Using neural networks to predict physical properties
Both of these methods used deep neural networks that are trained to predict the properties of a protein by its genetic sequence. The properties that the network predicts are: (a) the distance between pairs of amino acids and (b) the angles between the chemical bonds that connect these amino acids. The first development was a real progress in the use of popular methods that determine whether pairs of amino acids are next to each other.
We trained the neural network to predict a separate distribution of distances between each pair of protein residues. These probabilities were then combined into a score that shows how well designed the protein structure is. We also trained another neural network that uses all distances together to evaluate how close the proposed structure is to the correct answer.


New methods for predicting protein structures
Using these valuation functions, we were able to find structures that match our forecasts. Our first method is based on methods widely used in structural biology; it has repeatedly replaced parts of the protein structure with new fragments. We trained the generative-competitive neural network to propose new fragments that are used to continuously improve the assessment of the proposed protein structure.

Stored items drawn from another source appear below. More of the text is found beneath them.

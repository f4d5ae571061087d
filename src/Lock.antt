-- ===== src/Lock.antt =====
-- app/core/dist_lock.py: one lock key in Redis, with its expiry, and the processes that compete for it.
-- `build_lock_key` only names the key. A command takes effect or raises.
pub mod Held
mod Samples
use soc360_pymes.Prelude.{
  ℕ, ◌+◌, Bool, true, false, not, ◌&&◌, ◌||◌, Option, none, some, if◌then◌else◌, ltb, ◌==◌, is_some,
}
use soc360_pymes.Outcome.{Result, ok, err}

pub record Lease : Type 0 where
  pub token : ℕ
  pub expires : ℕ

-- the key's value, and of each process the token it has in `_ACTIVE_TOKENS` under the key
pub record LockWorld : Type 0 where
  pub lease : Option Lease
  pub active : ℕ → Option ℕ

pub data LockError : Type 0 where
  bad_ttl redis_outage lock_reentry lock_timeout : LockError

-- `GET`: an expired key is gone
unfoldable pub holder : Option Lease → ℕ → Option ℕ
holder none now = none
holder (some l) now = if ltb now l.expires then some l.token else none

abbrev pub set_active : LockWorld → ℕ → Option ℕ → LockWorld
set_active w process value = record w {
  active = λ p. let old = w.active p in if p == process then value else old;
}

abbrev pub set_lease : LockWorld → Option Lease → LockWorld
set_lease w lease = record w { lease = lease }

abbrev pub leased : ℕ → ℕ → ℕ → Option Lease
leased token ttl now = some (record { token = token; expires = now + ttl })

-- `SET key token NX PX`
unfoldable pub set_lock : ℕ → ℕ → ℕ → Option Lease → Bool × Option Lease
unfolding holder
set_lock token ttl now lease =
    if is_some (holder lease now) then (false, lease) else (true, leased token ttl now)

abbrev pub is_mine : ℕ → Option ℕ → Bool
is_mine token none = false
is_mine token (some t) = t == token

-- `RENEW_LUA` and `RELEASE_LUA`: nothing happens unless the key holds the caller's token
unfoldable pub renew_script : ℕ → ℕ → ℕ → Option Lease → Bool × Option Lease
unfolding holder
renew_script token ttl now lease =
    if is_mine token (holder lease now) then (true, leased token ttl now) else (false, lease)

unfoldable pub release_script : ℕ → ℕ → Option Lease → Bool × Option Lease
unfolding holder
release_script token now lease =
    if is_mine token (holder lease now) then (true, none) else (false, lease)

pub record LockHandle : Type 0 where
  pub process : ℕ
  pub token : ℕ
  pub ttl_seconds : ℕ
  pub lost : Bool
  pub released : Bool

abbrev pub new_handle : ℕ → ℕ → ℕ → LockHandle
new_handle process token ttl = record {
  process = process;
  token = token;
  ttl_seconds = ttl;
  lost = false;
  released = false;
}

-- after the first SET of `acquire_dist_lock`: a handle, or the caller waits for the retry
unfoldable pub first_set :
    ℕ → ℕ → ℕ → Bool × Option Lease → LockWorld → Result LockError (Option LockHandle) × LockWorld
first_set process token ttl (true, lease) w =
    (ok (some (new_handle process token ttl)), set_active (set_lease w lease) process (some token))
first_set process token ttl (false, lease) w =
    if is_some (w.active process) then (err lock_reentry, w) else (ok none, w)

unfoldable pub acquire :
    Bool → ℕ → ℕ → ℕ → ℕ → LockWorld → Result LockError (Option LockHandle) × LockWorld
unfolding set_lock first_set
acquire goes process token ttl now w =
    if ltb ttl 1
    then (err bad_ttl, w)
    else if goes
    then first_set process token ttl (set_lock token ttl now w.lease) w
    else (err redis_outage, w)

unfoldable pub second_set :
    Bool → ℕ → ℕ → ℕ → Bool × Option Lease → LockWorld → Result LockError LockHandle × LockWorld
second_set in_time process token ttl (won, lease) w =
    if in_time && won
    then (ok (new_handle process token ttl), set_active (set_lease w lease) process (some token))
    else (err lock_timeout, set_lease w lease)

-- The retry after the jitter. Where the wait ends first, the cancelled SET may have reached Redis all the
-- same: `goes` says whether it did, `in_time` whether its answer was there in time.
unfoldable pub retry :
    Bool → Bool → ℕ → ℕ → ℕ → ℕ → LockWorld → Result LockError LockHandle × LockWorld
unfolding set_lock second_set
retry goes in_time process token ttl now w =
    if goes
    then second_set in_time process token ttl (set_lock token ttl now w.lease) w
    else (err (if in_time then redis_outage else lock_timeout), w)

-- `_mark_lost`
unfoldable pub mark_lost : LockHandle → LockWorld → LockWorld
mark_lost h w = if is_mine h.token (w.active h.process) then set_active w h.process none else w

unfoldable pub renewed :
    LockHandle
    → ℕ
    → Bool × Option Lease
    → LockWorld
    → (Result LockError Bool × LockHandle) × LockWorld
unfolding mark_lost
renewed h ttl (true, lease) w = ((ok true, record h { ttl_seconds = ttl }), set_lease w lease)
renewed h ttl (false, lease) w = ((ok false, record h { lost = true }), mark_lost h w)

-- `renew`, with the time to live given or the handle's
unfoldable pub renew :
    Bool → ℕ → ℕ → LockHandle → LockWorld → (Result LockError Bool × LockHandle) × LockWorld
unfolding renew_script renewed
renew goes ttl now h w =
    if h.lost || h.released
    then ((ok false, h), w)
    else if ltb ttl 1
    then ((err bad_ttl, h), w)
    else if goes
    then renewed h ttl (renew_script h.token ttl now w.lease) w
    else ((err redis_outage, h), w)

unfoldable pub finish_release :
    LockHandle → Bool × Option Lease → LockWorld → (Result LockError Bool × LockHandle) × LockWorld
unfolding mark_lost
finish_release h (true, lease) w =
    ((ok true, record h { released = true }), set_active (set_lease w lease) h.process none)
finish_release h (false, lease) w =
    ((ok false, record h { released = true; lost = true }), mark_lost h w)

unfoldable pub release :
    Bool → ℕ → LockHandle → LockWorld → (Result LockError Bool × LockHandle) × LockWorld
unfolding release_script finish_release
release goes now h w =
    if h.released
    then ((ok false, h), w)
    else if h.lost
    then ((ok false, record h { released = true }), w)
    else if goes
    then finish_release h (release_script h.token now w.lease) w
    else ((err redis_outage, h), w)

The second method optimized grades using gradient descent (the mathematical method commonly used in machine learning for small incremental improvements), which led to high accuracy of the structures. This method was applied to whole protein chains, rather than to pieces that must be stacked separately before assembly, which reduces the complexity of the prediction process.
What's next?
The success of our protein coagulation pen test shows that machine learning systems can integrate a variety of information sources to help scientists quickly develop creative solutions to complex problems. We have already seen how AI helps people master complex games through systems such as AlphaGo and AlphaZero , we also hope that once the breakthrough of AI helps humanity solve fundamental scientific problems.
It is interesting to see the first progress in protein folding, demonstrating the usefulness of AI in making scientific discoveries. Even though we still have a lot to do, we clearly understand that we will be able to contribute to the search for treatment of various diseases, help the environment and much more, because in fact the potential is huge. With a dedicated team focused on exploring how machine learning can advance the world of science, we are exploring various ways and methods with which our technology can influence the world around us.